'''

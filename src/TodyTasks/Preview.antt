-- ===== src/TodyTasks/Preview.antt =====
-- The guardian's participation in a prepared task payload: app/agents/tody_task_actions.py.
use tachy_cognitive_ai_agent.Common.{
  ℕ, ◌<◌, ◌≡◌, refl, some, List, [], ◌∷◌, arith, Bool-cases, ◌⊎◌, inl, inr,
}
use mathlib.Core.Option.{some-injective}
use tachy_cognitive_ai_agent.Common.Int.{pos_part}
use tachy_cognitive_ai_agent.Safety.World.{returned}
use tachy_cognitive_ai_agent.TodyTasks.{
  Settings, TaskParams, Payload, is_in, clean_text, positive, add_id, add_guardian, watch_group,
  watch, new_payload, titled, prepare_create_payload, Client, World,
}
use tachy_cognitive_ai_agent.TodyTasks.Ids.{is_in-add_last}
use tachy_cognitive_ai_agent.TodyTasks.Actions.{
  resolve_guardian_user_id, enforce_guardian_participant,
}

add_guardian_twice :
    (id : ℕ) (p : Payload) → add_guardian id (add_guardian id p) ≡ add_guardian id p
unfolding add_guardian add_id
add_guardian_twice id p = elim (Bool-cases (is_in id p.assignee_ids)) [
  | inl old ↦ ground (arith, old)
  | inr new ↦ ground (arith, new, is_in-add_last id p.assignee_ids)
]

Title-cases : (title : List ℕ) → (title ≡ []) ⊎ ((c : ℕ) × (t : List ℕ) × (title ≡ c ∷ t))
Title-cases [] = inl refl
Title-cases (c ∷ t) = inr (c, t, refl)

module _ (C : Client) (s : Settings) (known : 0 < pos_part s.rohit_user_id) where
  resolve_known :
      (w : World) → resolve_guardian_user_id C s w ≡ (returned (some (pos_part s.rohit_user_id)), w)
  unfolding resolve_guardian_user_id positive
  resolve_known w = ground (arith, known)

  enforce-watch :
      (b : Payload) (w : World)
      → enforce_guardian_participant C s (watch s b) w ≡ (returned (watch s b), w)
  unfolding enforce_guardian_participant watch watch_group
  enforce-watch b w =
      ground (arith, known, resolve_known w, add_guardian_twice (pos_part s.rohit_user_id) b)

  -- Adding the guardian to a prepared payload changes nothing and asks the client nothing.
  pub enforce-prepare :
      (params : TaskParams) (p : Payload) (w : World)
      → prepare_create_payload s params ≡ some p
      → enforce_guardian_participant C s p w ≡ (returned p, w)
  unfolding prepare_create_payload titled
  enforce-prepare params p w h = elim (Title-cases (clean_text params.title 180)) [
    | inl e ↦ absurd (cc (rw e at h))
    | inr (c, t, e) ↦
        let q = enforce-watch (new_payload s params (c ∷ t)) w in
        rw (← some-injective _ _ (rw e at h)) q
  ]
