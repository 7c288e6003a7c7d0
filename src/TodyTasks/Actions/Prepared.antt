-- ===== src/TodyTasks/Actions/Prepared.antt =====
-- What `do_create_task` of app/agents/tody_task_actions.py sends, against what
-- `prepare_create_payload` shows.
use tachy_cognitive_ai_agent.Common.{◌<◌, ◌≡◌, refl, true, some, [], ◌∷◌, ◌++◌, arith}
use tachy_cognitive_ai_agent.Common.Int.{pos_part}
use tachy_cognitive_ai_agent.TodyTasks.{
  Settings, TaskParams, Payload, prepare_create_payload, Client, World, Answer, answered,
  tody_error, other_error, Created, task_dict, plain_dict, no_dict, create_task, log_event, ask,
}
use tachy_cognitive_ai_agent.TodyTasks.Preview.{enforce-prepare}
use tachy_cognitive_ai_agent.TodyTasks.Actions.{
  created_id, after_create, send_task, create_prepared, do_create_task, new_task,
}

module _ (C : Client) (s : Settings) where
  after_create-calls :
      (p : Payload) (a : Answer Created) (w : World) → (after_create C p a w).1.calls ≡ w.calls
  unfolding after_create created_id log_event
  after_create-calls p (answered (task_dict id)) w = ground arith
  after_create-calls p (answered (plain_dict id)) w = ground arith
  after_create-calls p (answered no_dict) w = refl
  after_create-calls p tody_error w = refl
  after_create-calls p other_error w = refl

  send_task-calls :
      (p : Payload) (w : World)
      → (send_task C p w).1.calls ≡ w.calls ++ create_task (new_task p) ∷ []
  unfolding send_task ask
  send_task-calls p w = after_create-calls p (C.create w.calls (new_task p)) _

  -- Where tasks are enabled and the guardian's id is configured, `do_create_task` on parameters that
  -- are prepared to a payload makes one call of the client, whatever it answers and whatever fails:
  -- the creation of the task of exactly that payload. No search for the guardian comes before it.
  pub do_create_task-prepared :
      (params : TaskParams) (p : Payload) (w : World)
      → 0 < pos_part s.rohit_user_id
      → s.tasks_enabled ≡ true
      → prepare_create_payload s params ≡ some p
      → (do_create_task C s params w).1.calls ≡ w.calls ++ create_task (new_task p) ∷ []
  unfolding do_create_task create_prepared
  do_create_task-prepared params p w known on h =
      rw (on, do_create_task)
        (rw (h, create_prepared)
          (ground (arith, enforce-prepare C s known params p w h, send_task-calls p w)))
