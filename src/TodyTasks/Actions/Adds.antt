-- ===== src/TodyTasks/Actions/Adds.antt =====
-- Calls of app/agents/tody_task_actions.py that add to what was sent only calls with a property.
use tachy_cognitive_ai_agent.Common.{◌≡◌, List, [], ◌∷◌, ◌++◌, arith, All}
use tachy_cognitive_ai_agent.Safety.World.{Outcome, returned, raised, Error}
use tachy_cognitive_ai_agent.TodyTasks.{
  Call, Event, World, M, log_event, ask, ◌>>=◌, pure, raise, Answer,
}

-- The rest of a call, as `>>=` runs it.
abbrev continue : {A B : Type 0} → Outcome A → (A → M B) → World → Outcome B × World
continue o f w = elim o [ returned a ↦ f a w | raised e ↦ (raised e, w) ]

-- The calls made before stay, and those that come have `P`.
pub record Adds (P : Call → Type 0) {A : Type 0} (m : M A) : Type 0 where
  pub at : (w : World) → All P w.calls → All P (m w).1.calls

module _ (P : Call → Type 0) where
  All-add_last : (cs : List Call) (c : Call) → All P cs → P c → All P (cs ++ c ∷ [])
  All-add_last [] c h p = (p, tt)
  All-add_last (d ∷ cs) c h p = (h.0, All-add_last cs c h.1 p)

  pub Adds-pure : {A : Type 0} (a : A) → Adds P (pure a)
  Adds-pure a = record { at = λ w h. h }

  pub Adds-raise : {A : Type 0} (e : Error) → Adds P (raise {A = A} e)
  Adds-raise e = record { at = λ w h. h }

  pub Adds-log_event : (e : Event) → Adds P (log_event e)
  unfolding log_event
  Adds-log_event e = record {
    at = λ w h. let k : (log_event e w).1.calls ≡ w.calls = ground arith in rw k h;
  }

  pub Adds-ask :
      {A : Type 0} (c : Call) (answer : List Call → Answer A) → P c → Adds P (ask c answer)
  unfolding ask
  Adds-ask c answer p = record { at = λ w h. All-add_last w.calls c h p }

  pub Adds-continue :
      {A B : Type 0} (o : Outcome A) (f : A → M B) (w : World)
      → ((a : A) → Adds P (f a))
      → All P w.calls
      → All P (continue o f w).1.calls
  Adds-continue (returned a) f w b h = (b a).at w h
  Adds-continue (raised e) f w b h = h

  pub Adds-bind :
      {A B : Type 0} (m : M A) (f : A → M B)
      → Adds P m
      → ((a : A) → Adds P (f a))
      → Adds P (m >>= f)
  Adds-bind m f a b = record { at = λ w h. let (o, w') = m w in Adds-continue o f w' b (a.at w h) }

'''

* **Assignment**: Transcribe the records above from the line holding "(ask c answer)" down to the line holding "Adds-continue (returned a)", inclusive, without adding anything.

* **Written response**:
      {A : Type 0} (c : Call) (answer : List Call → Answer A) → P c → Adds P (ask c answer)
  unfolding ask
  Adds-ask c answer p = record { at = λ w h. All-add_last w.calls c h p }

  pub Adds-continue :
      {A B : Type 0} (o : Outcome A) (f : A → M B) (w : World)
      → ((a : A) → Adds P (f a))
      → All P w.calls
      → All P (continue o f w).1.calls
  Adds-continue (returned a) f w b h = (b a).at w h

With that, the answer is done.